### Excerpted data
'''

-- ===== src/DockerCleanup/TagNames.antt =====
-- The tags that docker/build.py gives, read by the pattern of docker_cleanup.py.
use public_endorsement_servi.Base.{
  append_assoc, ℕ, ◌≡◌, refl, sym, ap, ◌∙◌, ◌⊎◌, inl, inr, Bool, true, false, ◌||◌, none, some,
  List, [], ◌∷◌, ◌++◌, arith, all_of, any_of, All, Bool-cases, ◌==◌, Text, chars, text_eq, split,
  cut, if◌then◌else◌,
}
use public_endorsement_servi.Base.Splits.{
  Lacks, Lacks-append, split-++, split-cases, split-Lacks, cut-append,
}
use public_endorsement_servi.DockerBuild.Builder.{Settings}
use public_endorsement_servi.DockerBuild.Tags.{under_repo, get_image_tag}
use public_endorsement_servi.DockerCleanup.Names.{
  is_arch_char, is_hash_char, is_hash, is_arch_and_hash, name_before, name_of, match_components,
  match_image, has_line_break, without_final_break,
}

is_devkit : Text → Bool
unfolding text_eq
is_devkit part = text_eq part (chars "devkit")

has_line_break-Lacks : (s : Text) → Lacks 10 s → has_line_break s ≡ false
unfolding has_line_break
has_line_break-Lacks [] h = refl
has_line_break-Lacks (c ∷ s) h = rw (h.0) (has_line_break-Lacks s h.1)

-- The parts of a text without a line break have none.
split-Lacks_break : (d : ℕ) (s : Text) → Lacks 10 s → All (Lacks 10) (split d s)
unfolding split
split-Lacks_break d [] h = (tt, tt)
split-Lacks_break d (c ∷ s) h =
    let (w, ws, e) = split-cases d s in
    let rest : All (Lacks 10) (w ∷ ws) = rw e at (split-Lacks_break d s h.1) in
    elim (Bool-cases (c == d)) [
      | inl y ↦ rw (y, e) (tt, rest)
      | inr n ↦ rw (n, e) ((h.0, rest.0), rest.1)
    ]

without_final_break-append :
    (s : Text) (c : ℕ) (t : Text)
    → without_final_break (s ++ (c ∷ t)) ≡ s ++ without_final_break (c ∷ t)
unfolding without_final_break
without_final_break-append [] c t = refl
without_final_break-append (x ∷ []) c t = refl
without_final_break-append (x ∷ y ∷ s) c t =
    ap (λ r. x ∷ r) (without_final_break-append (y ∷ s) c t)

without_final_break-Lacks : (s : Text) → Lacks 10 s → without_final_break s ≡ s
unfolding without_final_break
without_final_break-Lacks [] h = refl
without_final_break-Lacks (c ∷ []) h = rw (h.0) refl
without_final_break-Lacks (c ∷ d ∷ s) h = ap (λ r. c ∷ r) (without_final_break-Lacks (d ∷ s) h.1)

match_components-append :
    (seen : Bool) (parts : List Text) (last : Text)
    → All (Lacks 10) parts
    → match_components seen (parts ++ (last ∷ []))
      ≡ (if seen || any_of is_devkit parts then name_of last else none)
unfolding match_components is_devkit
match_components-append seen [] last h = ground arith
match_components-append seen (part ∷ []) last h = ground (arith, has_line_break-Lacks part h.0)
match_components-append seen (part ∷ next ∷ parts) last h =
    let rest = match_components-append (seen || is_devkit part) (next ∷ parts) last h.1 in
    rw (has_line_break-Lacks part h.0) (rest ∙ ground arith)

any_of-append :
    (f : Text → Bool) (xs ys : List Text) → any_of f (xs ++ ys) ≡ (any_of f xs || any_of f ys)
any_of-append f [] ys = refl
any_of-append f (x ∷ xs) ys = ground (arith, any_of-append f xs ys)

hash-Lacks : (d : ℕ) (s : Text) → is_hash_char d ≡ false → all_of is_hash_char s ≡ true → Lacks d s
hash-Lacks d [] k h = tt
hash-Lacks d (c ∷ s) k h = elim (Bool-cases (is_hash_char c)) [
  | inr n ↦ let bad : false ≡ true = rw n at h in cc
  | inl y ↦ elim (Bool-cases (c == d)) [
    | inr n ↦ (n, hash-Lacks d s k (rw y at h))
    | inl e ↦
        let same : c ≡ d = ground arith in
        let bad : false ≡ true = sym k ∙ ap is_hash_char (sym same) ∙ y in cc
  ]
]

-- <name>:amd64-<sha>
last_part : Text → Text → Text
last_part name sha = name ++ (b':' ∷ chars "amd64" ++ (b'-' ∷ sha))

last_part-Lacks :
    (name sha : Text) → Lacks b'/' name → is_hash sha ≡ true → Lacks b'/' (last_part name sha)
unfolding last_part is_hash is_hash_char chars
last_part-Lacks name sha h k = Lacks-append b'/' name (b':' ∷ chars "amd64" ++ (b'-' ∷ sha)) h (
  refl,
  (refl, (refl, (refl, (refl, (refl, (refl, hash-Lacks b'/' sha (refl) (ground (arith, k)))))))),
)

arch_and_hash :
    (sha : Text)
    → is_hash sha ≡ true
    → is_arch_and_hash (cut b'-' (chars "amd64" ++ (b'-' ∷ sha))) ≡ true
unfolding cut chars is_arch_and_hash is_arch_char
arch_and_hash sha h = h

name_of-last_part :
    (c : ℕ) (name sha : Text)
    → Lacks b':' (c ∷ name)
    → is_hash sha ≡ true
    → name_of (last_part (c ∷ name) sha) ≡ some (c ∷ name)
unfolding last_part name_of name_before
name_of-last_part c name sha h k =
    rw (cut-append b':' (c ∷ name) (chars "amd64" ++ (b'-' ∷ sha)) h, arch_and_hash sha k) refl

kept_behind :
    (path last : Text)
    → without_final_break last ≡ last
    → without_final_break (path ++ (b'/' ∷ last)) ≡ path ++ (b'/' ∷ last)
unfolding without_final_break
kept_behind path [] w = without_final_break-append path b'/' []
kept_behind path (c ∷ last) w =
    without_final_break-append path b'/' (c ∷ last) ∙ ap (λ l. path ++ (b'/' ∷ l)) w

-- A tag ends with a hash, and so with no line break.
last_part-break :
    (name sha : Text)
    → is_hash sha ≡ true
    → without_final_break (last_part name sha) ≡ last_part name sha
unfolding last_part is_hash is_hash_char chars
last_part-break name sha k =
    without_final_break-append name b':' (chars "amd64" ++ (b'-' ∷ sha))
    ∙ ap (λ l. name ++ l)
        (without_final_break-Lacks (b':' ∷ chars "amd64" ++ (b'-' ∷ sha)) (
          refl,
          (
            refl,
            (refl, (refl, (refl, (refl, (refl, hash-Lacks 10 sha refl (ground (arith, k))))))),
          ),
        ))

-- The pattern on a path with a last part.
match_image-path :
    (path last : Text)
    → Lacks b'/' last
    → Lacks 10 path
    → without_final_break last ≡ last
    → any_of is_devkit (split b'/' path) ≡ true
    → match_image (path ++ b'/' ∷ last) ≡ name_of last
unfolding match_image
match_image-path path last h b w k =
    let stays : without_final_break (path ++ (b'/' ∷ last)) ≡ path ++ (b'/' ∷ last) =
      kept_behind path last w in
    rw
      (
        stays,
        split-++ b'/' path last,
        split-Lacks b'/' last h,
        match_components-append false (split b'/' path) last (split-Lacks_break b'/' path b),
        k,
      )
      refl

-- The namespaces that `parse_registry_config` gives.
unfoldable pub IsNamespace : Text → Type 0
IsNamespace ns = (ns ≡ chars "devkit") ⊎ ((rest : Text) × (ns ≡ chars "devkit" ++ (b'/' ∷ rest)))

IsNamespace-devkit : (ns : Text) → IsNamespace ns → any_of is_devkit (split b'/' ns) ≡ true
unfolding IsNamespace is_devkit chars split text_eq
IsNamespace-devkit ns (inl e) = rw (e) refl
IsNamespace-devkit ns (inr (rest, e)) = rw (e) refl

or_true : (b : Bool) → (b || true) ≡ true
or_true true = refl
or_true false = refl

path_of : Text → Text → Text
path_of [] ns = ns
path_of (c ∷ repo) ns = (c ∷ repo) ++ (b'/' ∷ ns)

under_repo-path :
    (repo ns name sha : Text)
    → under_repo repo ((ns ++ (b'/' ∷ name)) ++ (b':' ∷ chars "amd64" ++ (b'-' ∷ sha)))
      ≡ path_of repo ns ++ (b'/' ∷ last_part name sha)
unfolding under_repo path_of last_part
under_repo-path [] ns name sha =
    append_assoc ns (b'/' ∷ name) (b':' ∷ chars "amd64" ++ (b'-' ∷ sha))
under_repo-path (c ∷ repo) ns name sha =
    ap (λ t. (c ∷ repo) ++ (b'/' ∷ t))
      (append_assoc ns (b'/' ∷ name) (b':' ∷ chars "amd64" ++ (b'-' ∷ sha)))
    ∙ sym (append_assoc (c ∷ repo) (b'/' ∷ ns) (b'/' ∷ last_part name sha))

path_of-devkit :
    (repo ns : Text) → IsNamespace ns → any_of is_devkit (split b'/' (path_of repo ns)) ≡ true
unfolding path_of
path_of-devkit [] ns h = IsNamespace-devkit ns h
path_of-devkit (c ∷ repo) ns h =
    rw
      (
        split-++ b'/' (c ∷ repo) ns,
        any_of-append is_devkit (split b'/' (c ∷ repo)) (split b'/' ns),
        IsNamespace-devkit ns h,
      )
      (or_true (any_of is_devkit (split b'/' (c ∷ repo))))

path_of-Lacks : (repo ns : Text) → Lacks 10 repo → Lacks 10 ns → Lacks 10 (path_of repo ns)
unfolding path_of
path_of-Lacks [] ns h k = k
path_of-Lacks (c ∷ repo) ns h k = Lacks-append 10 (c ∷ repo) (b'/' ∷ ns) h (refl, k)

-- Reading back the tag of an image gives the image's name: for a namespace that the configuration
-- can give and a repository, both without a line break, a non-empty name without '/' and ':', and a
-- hash of 64 hexadecimal digits.
pub match_image-get_image_tag :
    (settings : Settings) (c : ℕ) (name sha : Text)
    → IsNamespace settings.namespace
    → Lacks 10 settings.repo
    → Lacks 10 settings.namespace
    → Lacks b'/' (c ∷ name)
    → Lacks b':' (c ∷ name)
    → is_hash sha ≡ true
    → match_image (get_image_tag settings (c ∷ name) sha) ≡ some (c ∷ name)
unfolding get_image_tag
match_image-get_image_tag settings c name sha n repo_line ns_line slash colon hash =
    ap match_image (under_repo-path settings.repo settings.namespace (c ∷ name) sha)
    ∙ match_image-path (path_of settings.repo settings.namespace) (last_part (c ∷ name) sha)
        (last_part-Lacks (c ∷ name) sha slash hash)
        (path_of-Lacks settings.repo settings.namespace repo_line ns_line)
        (last_part-break (c ∷ name) sha hash) (path_of-devkit settings.repo settings.namespace n)
    ∙ name_of-last_part c name sha colon hash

'''

### What you will do
Whenever a line in the entries holds the word "some", copy that line.

### Finished task
  append_assoc, ℕ, ◌≡◌, refl, sym, ap, ◌∙◌, ◌⊎◌, inl, inr, Bool, true, false, ◌||◌, none, some,
    → name_of (last_part (c ∷ name) sha) ≡ some (c ∷ name)
    → match_image (get_image_tag settings (c ∷ name) sha) ≡ some (c ∷ name)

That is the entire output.